我差點就忘記早上出門的時候她被我一身正式衣服嚇到的表情,"什麼跟什麼,你剛才不是還穿著高中運動褲嗎?"雖然沒說出口,但是她的想法都寫在臉上了,這也是沒辦法的事,因為今天是大體老師的啟用儀式。



沉重。為什麼醫學院電梯門打開的時候走出來那幾個師傅,就足以讓我胸口有一股壓迫感,肺好像被什麼被抓得好緊,我快不能呼吸。我想起暑假,那個陽光灑在柏油大道上的時刻,我們在文具店裡挑選彩虹色的紙卡,為的是佈置大體教室走廊上,用來感謝、紀念老師的木櫃子,深咖啡色的木櫃現在打上燈後,可以看到金色的星星在空中旋轉,背景是一張立體的台灣地圖,在基座放上老師喜愛的汽車小模型,我們在相信,他駕著休旅車環島一圈的夢想就可以這樣的啟航了!懷抱著夢想的人很美。 
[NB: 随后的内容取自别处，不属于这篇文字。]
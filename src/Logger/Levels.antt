-- ===== src/Logger/Levels.antt =====
-- What a quiet logger keeps back.
use win_perf_counters.Logger.{
  Message, errorf, error, warnf, warn, infof, info, debugf, debug, tracef, trace, log_message,
  log_all,
}
use win_perf_counters.Prelude.{
  ◌≡◌, refl, Bool, true, false, Bool-cases, inl, inr, List, [], ◌∷◌, if◌then◌else◌,
}
use win_perf_counters.Text.{Text}

-- Errors and warnings.
abbrev pub is_severe : {A : Type 0} → Message A → Bool
is_severe (errorf format args) = true
is_severe (error args) = true
is_severe (warnf format args) = true
is_severe (warn args) = true
is_severe _ = false

abbrev pub severe : {A : Type 0} → List (Message A) → List (Message A)
severe [] = []
severe (m ∷ ms) = if is_severe m then m ∷ severe ms else severe ms

log_message_quiet :
    {A : Type 0} (of_text : Text → A) (name : Text) (m : Message A)
    → log_message of_text (record { name = name; quiet = true }) m
      ≡ (if is_severe m then log_message of_text (record { name = name; quiet = false }) m else [])
unfolding log_message
log_message_quiet of_text name (errorf format args) = refl
log_message_quiet of_text name (error args) = refl
log_message_quiet of_text name (warnf format args) = refl
log_message_quiet of_text name (warn args) = refl
log_message_quiet of_text name (infof format args) = refl
log_message_quiet of_text name (info args) = refl
log_message_quiet of_text name (debugf format args) = refl
log_message_quiet of_text name (debug args) = refl
log_message_quiet of_text name (tracef format args) = refl
log_message_quiet of_text name (trace args) = refl

-- A quiet logger passes on what another of its name passes on of the errors and the warnings alone,
-- in the same order.
pub log_all_quiet :
    {A : Type 0} (of_text : Text → A) (name : Text) (ms : List (Message A))
    → log_all of_text (record { name = name; quiet = true }) ms
      ≡ log_all of_text (record { name = name; quiet = false }) (severe ms)
unfolding log_all
log_all_quiet of_text name [] = refl
log_all_quiet of_text name (m ∷ ms) = elim (Bool-cases (is_severe m)) [
  | inl loud ↦ rw (log_message_quiet of_text name m, log_all_quiet of_text name ms, loud) refl
  | inr quiet ↦ rw (log_message_quiet of_text name m, log_all_quiet of_text name ms, quiet) refl
]
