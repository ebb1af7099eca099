-- ===== src/NotWindows.antt =====
-- `WinPerfCounters` where the system is not Windows (win_perf_counters_notwindows.go).
use win_perf_counters.Logger.{Logger, warn, LogCall, log_message}
use win_perf_counters.Prelude.{List, [], ◌∷◌}
use win_perf_counters.Result.{Result, ok}
use win_perf_counters.Text.{Text, codes}

-- `WinPerfCounters`
pub record Unsupported : Type 0 where
  pub log : Logger

-- `Init`, with the calls of Go's package `log` that it makes.
unfoldable pub init_unsupported :
    {A : Type 0} → (Text → A) → Unsupported → List (LogCall A) × Result (Unit {0})
unfolding log_message
init_unsupported of_text w = (
  log_message of_text w.log (warn (of_text (codes "Current platform is not supported") ∷ [])),
  ok tt,
)
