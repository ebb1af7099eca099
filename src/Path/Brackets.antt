-- ===== src/Path/Brackets.antt =====
-- The texts that a counter path is made of, by their brackets.
use win_perf_counters.Prelude.{ℕ, ◌≢◌, [], ◌∷◌, ◌++◌}
use win_perf_counters.Text.{Text}

abbrev pub IsPlainByte : ℕ → Type 0
IsPlainByte c = (c ≢ b'\\') × (c ≢ b'(') × (c ≢ b')')

-- No backslash and no bracket.
pub data IsPlain : Text → Type 0 where
  plain_nil : IsPlain []
  plain_byte : (c : ℕ) (t : Text) → IsPlainByte c → IsPlain t → IsPlain (c ∷ t)

-- Every bracket has its partner; backslashes may stand anywhere.
pub data IsBalanced : Text → Type 0 where
  balanced_nil : IsBalanced []
  balanced_byte : (c : ℕ) (t : Text) → c ≢ b'(' → c ≢ b')' → IsBalanced t → IsBalanced (c ∷ t)
  balanced_group :
      (t u : Text) → IsBalanced t → IsBalanced u → IsBalanced (b'(' ∷ (t ++ (b')' ∷ u)))

-- Balanced, with every backslash inside a bracket.
pub data IsName : Text → Type 0 where
  name_nil : IsName []
  name_byte : (c : ℕ) (t : Text) → IsPlainByte c → IsName t → IsName (c ∷ t)
  name_group : (t u : Text) → IsBalanced t → IsName u → IsName (b'(' ∷ (t ++ (b')' ∷ u)))
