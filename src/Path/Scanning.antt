-- ===== src/Path/Scanning.antt =====
-- What the scan does on each piece of a path.
use win_perf_counters.Path.Brackets.{
  IsPlain, plain_nil, plain_byte, IsBalanced, balanced_nil, balanced_byte, balanced_group, IsName,
  name_nil, name_byte, name_group,
}
use win_perf_counters.Int.{pos}
use win_perf_counters.Path.{Scan, scan_backslash, scan_open, scan_close, scan_byte, scan}
use win_perf_counters.Prelude.{
  ℕ, suc, ◌+◌, ◌≡◌, refl, ◌≢◌, ◌⊎◌, inl, inr, none, [], ◌∷◌, ◌++◌, ◌∙◌, arith, length,
}
use win_perf_counters.Text.{Text}

-- The right part of a text is scanned first. The index `j` is a variable with an equation.
pub scan-append :
    (xs ys : Text) (i j : ℕ) (s : Scan)
    → j ≡ i + length xs
    → scan i (xs ++ ys) s ≡ scan i xs (scan j ys s)
unfolding scan
scan-append [] ys i j s e = let e' : j ≡ i = omega arith in rw e'
scan-append (x ∷ xs) ys i j s e = rw (scan-append xs ys (suc i) j s (omega arith))

pub scan-cons :
    (c : ℕ) (cs : Text) (i : ℕ) (s : Scan) → scan i (c ∷ cs) s ≡ scan_byte i c (scan (suc i) cs s)
unfolding scan
scan-cons c cs i s = refl

-- A byte that is no bracket changes nothing, if it is no backslash or stands inside a bracket.
scan_byte-neutral :
    (c i : ℕ) (s : Scan)
    → c ≢ b'('
    → c ≢ b')'
    → (c ≢ b'\\') ⊎ ((k : ℕ) × (s.bracket_level ≡ pos (suc k)))
    → scan_byte i c s ≡ s
unfolding scan_byte scan_backslash
scan_byte-neutral c i s x y h = ground arith

pub scan-IsPlain : {t : Text} (i : ℕ) (s : Scan) → IsPlain t → scan i t s ≡ s
unfolding scan scan_byte
scan-IsPlain i s plain_nil = refl
scan-IsPlain i s (plain_byte c t h p) = ground (arith, scan-IsPlain (suc i) s p)

-- A group is its closing bracket, then its inside, which changes nothing, then its opening bracket.
pub scan-group :
    (t u : Text) (i j : ℕ) (s : Scan)
    → j ≡ suc i + length t
    → scan (suc i) t (scan_close j (scan (suc j) u s)) ≡ scan_close j (scan (suc j) u s)
    → scan i (b'(' ∷ (t ++ (b')' ∷ u))) s ≡ scan_open i (scan_close j (scan (suc j) u s))
unfolding scan scan_byte
scan-group t u i j s e inside = rw (scan-append t (b')' ∷ u) (suc i) j s e, inside)

-- Inside a bracket a balanced text changes nothing.
pub scan-IsBalanced :
    {t : Text} (i k : ℕ) (s : Scan) → s.bracket_level ≡ pos (suc k) → IsBalanced t → scan i t s ≡ s
scan-IsBalanced i k s l balanced_nil = unfold scan in refl
scan-IsBalanced i k s l (balanced_byte c t x y b) =
    scan-cons c t i s
    ∙ rw (scan-IsBalanced (suc i) k s l b) (scan_byte-neutral c i s x y (inr (k, l)))
scan-IsBalanced i k s l (balanced_group t u b d) =
    let j : ℕ = suc i + length t in
    let after : scan (suc j) u s ≡ s = scan-IsBalanced (suc j) k s l d in
    let level : (scan_close j s).bracket_level ≡ pos (suc (suc k)) =
      unfold scan_close in ground arith in
    let inside : scan (suc i) t (scan_close j s) ≡ scan_close j s =
      scan-IsBalanced (suc i) (suc k) (scan_close j s) level b in
    scan-group t u i j s refl (rw after inside)
    ∙ rw after (unfold scan_open scan_close in ground arith)

-- Where a bracket leaves no border: before the counter's border, or after the instance's.
pub record IsSettled (s : Scan) : Type 0 where
  pub level_zero : s.bracket_level ≡ pos 0
  pub no_border : (s.left_counter ≡ none) ⊎ ((s.left_instance ≢ none) × (s.right_instance ≢ none))

-- There a name changes nothing, whatever brackets it has.
pub scan-IsName : {t : Text} (i : ℕ) (s : Scan) → IsSettled s → IsName t → scan i t s ≡ s
scan-IsName i s l name_nil = unfold scan in refl
scan-IsName i s l (name_byte c t h b) =
    scan-cons c t i s ∙ rw (scan-IsName (suc i) s l b) (scan_byte-neutral c i s h.1 h.2 (inl h.0))
scan-IsName i s l (name_group t u b d) =
    let j : ℕ = suc i + length t in
    let after : scan (suc j) u s ≡ s = scan-IsName (suc j) s l d in
    let level : (scan_close j s).bracket_level ≡ pos 1 = unfold scan_close in ground arith in
    let inside : scan (suc i) t (scan_close j s) ≡ scan_close j s =
      scan-IsBalanced (suc i) 0 (scan_close j s) level b in
    scan-group t u i j s refl (rw after inside)
    ∙ rw after (unfold scan_open scan_close in ground arith)
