-- ===== src/Program.antt =====
-- src/processor_main.cpp and src/gateway_main.cpp: the two programs, from the signals that they block
-- to their exit codes. What is outside is an argument: the signals of `SignalWaiter`
-- (src/util/signal_waiter.cpp), whether the watcher and the directories could be set up, and what binding
-- a port gives. The destructors that run at a return are part of each path.
pub mod Exits
use cdr_processor.Base.{
  not, ℕ, Bool, true, false, Option, none, some, List, [], ◌∷◌, ◌++◌, Bytes, if◌then◌else◌,
}
use cdr_processor.Config.{Config}
use cdr_processor.Util.Registry.{
  create_store, create_query, create_ingestor, create_parser, file_ingestor, rabbit_ingestor,
  Parser,
}
use cdr_processor.Ingest.Lifecycle.{
  FileIngestor, FileSetup, RabbitIngestor, new_file_ingestor, new_rabbit_ingestor, start_file,
  stop_file, destroy_file, start_rabbit, stop_rabbit, destroy_rabbit,
}
use cdr_processor.Query.Gateway.Listener.{Listener, Binding, start, stop}

-- What the two programs do, in their order.
pub data Step : Type 0 where
  block_signals started wait_signal stopped totals restore_signals : Step

-- `SignalWaiter::wait`: `sigwait` again until it succeeds; the signal, if one comes.
unfoldable pub wait : List (Option ℕ) → Option ℕ
wait [] = none
wait (none ∷ rest) = wait rest
wait (some signum ∷ rest) = some signum

-- Whichever ingestor `createIngestor` makes.
pub data AnyIngestor : Type 0 where
  file : FileIngestor → AnyIngestor
  rabbit : RabbitIngestor → AnyIngestor

abbrev pub is_some : {A : Type 0} → Option A → Bool
is_some none = false
is_some (some a) = true

-- What starting finds outside: the watcher and the directories.
pub record Outside : Type 0 where
  pub watcher_ok : Bool
  pub dirs_ok : Bool

-- `IIngestor::start`, of an ingestor made for the configuration.
unfoldable pub start_ingestor : Config → Outside → AnyIngestor → Bool × AnyIngestor
unfolding start_file start_rabbit
start_ingestor cfg o (file i) =
    let (ok, i') =
      start_file
        (record {
          has_parser = is_some (create_parser cfg.format);
          watcher_ok = o.watcher_ok;
          dirs_ok = o.dirs_ok;
        })
        i in
    (ok, file i')
start_ingestor cfg o (rabbit i) =
    let (ok, i') = start_rabbit (is_some (create_parser cfg.format)) cfg.consumers i in
    (ok, rabbit i')

-- `IIngestor::stop`
unfoldable pub stop_ingestor : AnyIngestor → AnyIngestor
unfolding stop_file stop_rabbit
stop_ingestor (file i) = file (stop_file i)
stop_ingestor (rabbit i) = rabbit (stop_rabbit i)

-- The destructor of either.
unfoldable pub destroy_ingestor : AnyIngestor → AnyIngestor
unfolding destroy_file destroy_rabbit
destroy_ingestor (file i) = file (destroy_file i)
destroy_ingestor (rabbit i) = rabbit (destroy_rabbit i)

-- How a program ends: its exit code, what it did, the ingestor whose totals it logs as it stands at
-- that time, and what is left once the destructors ran.
pub record Run (A : Type 0) : Type 0 where
  pub code : ℕ
  pub steps : List Step
  pub reported : Option A
  pub left : Option A

abbrev pub failed : {A : Type 0} → Option A → Run A
failed left = record {
  code = 1;
  steps = block_signals ∷ restore_signals ∷ [];
  reported = none;
  left = left;
}

-- `main` of src/processor_main.cpp, from an ingestor that was made.
unfoldable pub run_ingestor : Config → Outside → AnyIngestor → Run AnyIngestor
unfolding start_ingestor stop_ingestor destroy_ingestor
run_ingestor cfg o made =
    let (ok, running) = start_ingestor cfg o made in
    let quiet = stop_ingestor running in
    let ended : Run AnyIngestor = record {
      code = 0;
      steps = block_signals ∷ started ∷ wait_signal ∷ stopped ∷ totals ∷ restore_signals ∷ [];
      reported = some quiet;
      left = some (destroy_ingestor quiet);
    } in
    if not ok then failed (some (destroy_ingestor running)) else ended

-- `main` of src/processor_main.cpp
unfoldable pub run_processor : Config → Outside → Run AnyIngestor
unfolding run_ingestor
run_processor cfg o = elim (create_store cfg.store_type) [
  | none ↦ failed none
  | some store ↦ elim (create_ingestor cfg.mode) [
    | none ↦ failed none
    | some file_ingestor ↦ run_ingestor cfg o (file new_file_ingestor)
    | some rabbit_ingestor ↦ run_ingestor cfg o (rabbit new_rabbit_ingestor)
  ]
]

-- `main` of src/gateway_main.cpp
unfoldable pub run_gateway : Config → Binding → Run Listener
unfolding start stop
run_gateway cfg b =
    let gateway : Listener = record { port = cfg.query_port; running = false } in
    let (ok, running) = start b gateway in
    let ended : Run Listener = record {
      code = 0;
      steps = block_signals ∷ started ∷ wait_signal ∷ stopped ∷ restore_signals ∷ [];
      reported = none;
      left = some (stop (stop running));
    } in
    elim (create_query cfg.store_type) [
      | none ↦ failed none
      | some store ↦ if not ok then failed (some (stop running)) else ended
    ]
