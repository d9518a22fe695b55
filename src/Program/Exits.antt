-- ===== src/Program/Exits.antt =====
-- How src/processor_main.cpp and src/gateway_main.cpp end.
use cdr_processor.Base.{
  ap, text_eq_iff, Bytes, ℕ, ◌≡◌, ◌⊎◌, inl, inr, refl, Bool, true, false, ◌&&◌, ◌||◌, Option, none,
  some, codes, text_eq, arith, Bool-cases, if◌then◌else◌,
}
use cdr_processor.Config.{Config, valid, validate}
use cdr_processor.Config.Validity.{IsValid, validate-IsValid}
use cdr_processor.Config.{is_mode}
use cdr_processor.Ingest.Lifecycle.{
  new_file_ingestor, new_rabbit_ingestor, start_file, stop_file, start_rabbit, stop_rabbit,
  destroy_file, destroy_rabbit,
}
use cdr_processor.Query.Gateway.Listener.{Listener, Binding, start, stop}
use cdr_processor.Util.Registry.{
  redis_store, creator_of, parsers, stores, queries, ingestors, register,
}
use cdr_processor.Program.{
  file_ingestor, rabbit_ingestor, create_parser, create_ingestor, is_some, create_store,
  AnyIngestor, file, rabbit, Outside, run_ingestor, start_ingestor, stop_ingestor, destroy_ingestor,
  Run, run_processor, run_gateway,
}

-- No thread, of the feeder, of the pool's readers or of the consumers, and no connection.
abbrev pub Threadless : Option AnyIngestor → Type 0
Threadless none = Unit
Threadless (some (file i)) = (i.feeder ≡ false) × (i.pool ≡ false) × (i.running ≡ false)
Threadless (some (rabbit i)) = (i.threads ≡ 0) × (i.conns ≡ 0) × (i.running ≡ false)

abbrev pub Silent : Option Listener → Type 0
Silent none = Unit
Silent (some l) = l.running ≡ false

-- When the ingestor of a mode can start.
abbrev pub can_start : Config → Outside → Bool
can_start c o = text_eq c.mode (codes "rabbit") || (o.watcher_ok && o.dirs_ok)

parser_known : (c : Config) → IsValid c → is_some (create_parser c.format) ≡ true
unfolding creator_of parsers register
parser_known c v =
    ap (λ (n : Bytes). is_some (create_parser n)) ((text_eq_iff c.format (codes "csv")).0 v.format)

-- How a run of the processor ends that could start its ingestor, or could not.
abbrev Ends : Bool → Run AnyIngestor → Type 0
Ends up r =
    Threadless r.left
    × Threadless r.reported
    × (is_some r.reported ≡ up)
    × (r.code ≡ (if up then 0 else 1))

-- What becomes of either ingestor, with the code.
file-cases :
    (c : Config) (o : Outside)
    → is_some (create_parser c.format) ≡ true
    → Ends (o.watcher_ok && o.dirs_ok) (run_ingestor c o (file new_file_ingestor))
unfolding run_ingestor start_ingestor stop_ingestor start_file stop_file destroy_ingestor
    destroy_file
file-cases c o known = elim (Bool-cases o.watcher_ok) [
  | inr p ↦
      rw (run_ingestor, start_ingestor, start_file, known, p) ((refl, refl, refl), tt, refl, refl)
  | inl p ↦ elim (Bool-cases o.dirs_ok) [
    | inr q ↦
        rw (run_ingestor, start_ingestor, start_file, known, p, q)
          ((refl, refl, refl), tt, refl, refl)
    | inl q ↦
        rw (run_ingestor, start_ingestor, start_file, known, p, q)
          ((refl, refl, refl), (refl, refl, refl), refl, refl)
  ]
]

rabbit-cases :
    (c : Config) (o : Outside)
    → is_some (create_parser c.format) ≡ true
    → Ends true (run_ingestor c o (rabbit new_rabbit_ingestor))
unfolding run_ingestor start_ingestor stop_ingestor start_rabbit stop_rabbit destroy_ingestor
    destroy_rabbit
rabbit-cases c o known =
    rw (run_ingestor, start_ingestor, start_rabbit, known)
      ((refl, refl, refl), (refl, refl, refl), refl, refl)

-- The creators by name.
store_by_name :
    (name : Bytes)
    → (text_eq name (codes "redis") ≡ true) × (create_store name ≡ some redis_store)
      ⊎ ((text_eq name (codes "redis") ≡ false) × (create_store name ≡ none))
unfolding creator_of stores register
store_by_name name = elim (Bool-cases (text_eq name (codes "redis"))) [
  | inl e ↦ inl (e, ground (arith, (text_eq_iff name (codes "redis")).0 e))
  | inr e ↦
      inr (e, ground (arith, e, text_eq_iff name (codes "redis"), text_eq_iff (codes "redis") name))
]

ingestor_by_name :
    (mode : Bytes)
    → is_mode mode ≡ true
    → (text_eq mode (codes "rabbit") ≡ true) × (create_ingestor mode ≡ some rabbit_ingestor)
      ⊎ ((text_eq mode (codes "rabbit") ≡ false) × (create_ingestor mode ≡ some file_ingestor))
unfolding creator_of ingestors register
ingestor_by_name mode h = elim (Bool-cases (text_eq mode (codes "rabbit"))) [
  | inl e ↦ inl (e, ap (λ (n : Bytes). create_ingestor n) ((text_eq_iff mode (codes "rabbit")).0 e))
  | inr e ↦
      let named : text_eq mode (codes "file") ≡ true = ground (arith, e, h) in
      inr (e, ap (λ (n : Bytes). create_ingestor n) ((text_eq_iff mode (codes "file")).0 named))
]

processor-cases :
    (c : Config) (o : Outside)
    → IsValid c
    → Ends (text_eq c.store_type (codes "redis") && can_start c o) (run_processor c o)
unfolding run_processor
processor-cases c o v =
    let known = parser_known c v in
    elim (store_by_name c.store_type) [
      | inr (e, f) ↦ rw (run_processor, e, f) (tt, tt, refl, refl)
      | inl (e, f) ↦ elim (ingestor_by_name c.mode v.mode) [
        | inl (p, q) ↦ rw (run_processor, e, f, p, q) (rabbit-cases c o known)
        | inr (p, q) ↦ rw (run_processor, e, f, p, q) (file-cases c o known)
      ]
    ]

gateway-cases :
    (c : Config) (b : Binding)
    → IsValid c
    → let r = run_gateway c b in
      Silent r.left
      × ((r.code ≡ (if text_eq c.store_type (codes "redis") && b.bound then 0 else 1)))
unfolding run_gateway start stop creator_of queries register
gateway-cases c b v = ground (arith, v.query_port)

-- Once its configuration is accepted, the processor ends with the code 0 exactly if the store's type
-- is `redis` and, where it takes files, its watcher and its directories could be set up, else with 1.
-- Exactly where it ends with 0 it logs the totals, and at that time the ingestor has no feeder, no
-- reader of its pool, no consumer thread and no connection any more; on every path, once the
-- destructors ran, it leaves none of these behind. The gateway ends with 0
-- exactly if the store's type is `redis` and its port could be bound, else with 1, and leaves no
-- listener behind.
pub mains-Exits :
    (cores : ℕ) (loaded : Config) (o : Outside) (b : Binding) {c : Config}
    → validate cores loaded ≡ valid c
    → let p = run_processor c o in
      let g = run_gateway c b in
      let known = text_eq c.store_type (codes "redis") in
      (Threadless p.left
        × Threadless p.reported
        × (is_some p.reported ≡ (known && can_start c o))
        × (p.code ≡ (if known && can_start c o then 0 else 1)))
      × (Silent g.left × (g.code ≡ (if known && b.bound then 0 else 1)))
mains-Exits cores loaded o b {c} h =
    let (v, _) = validate-IsValid cores loaded h in (processor-cases c o v, gateway-cases c b v)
誦經開始,我看見對面的一位阿姨偷偷擦著眼淚,腦袋突然一陣空白,像有聲巨響在耳邊炸開,本來念著經文的嘴吧動不了,停滯在空氣裡的經文到底是?我在想一切默默地來就好了,既不要讓原本和這個身體有過親密感情的人接近他,也不要有任何聯絡,就是因為我們主動的連起這條線,所以打翻了別人好好生活的心情,這樣一個上午是不是讓這些人沒辦法平靜的度過這個日子,也許還會讓不少人失眠,這到底是怎麼樣的場合?

身體是交通工具,在靈魂住進的時候溫柔的照應著,有時候發出"我今天睡得很飽很舒服喔"、"再動動吧"這樣的想法,兩個同步並行的存在感總讓人覺得很安全。打開鐵箱子的門,飄出來的氣味讓人有好多聯想,看到那張臉,大體老師的家人們一定是相當的錯愕,那張臉是不屬於回憶中的爸爸的。

老師的親人眼眶泛紅的問著我們:"你們要解剖我爸?" 

好刺耳。我覺得自己是罪人。對不起,我無法理直氣壯的回答。


其實也可以擁有簡單地想法,放下所以情緒的看待這些種種,但是我不知道情緒有沒有這樣的簡化方法?為了不讓心中的那片海洋掀起暴風雨所以做這樣的選擇,這樣是好的嗎,我不明白,可是那場席捲心靈的狂風暴雨勢必要來,因為不來的話時間不會往前走,好比虹菱說的像個循環一樣?

 

早上點的香所散發出來的氣味還停在衣服裡面,出不來。
黃昏我回到宿舍的座位上,今天還是一樣默默地看著室友回來,打開電腦然後坐下,平常我會丟幾句話過去,也許他會給我什麼有趣的回覆也說不定,但是因為是今天,所以我什麼也說不出來。


感謝每一位大體老師,每一位老師的家屬,由衷感謝,

好好的珍惜、好好的學習是我手中那僅存唯一報答的方法。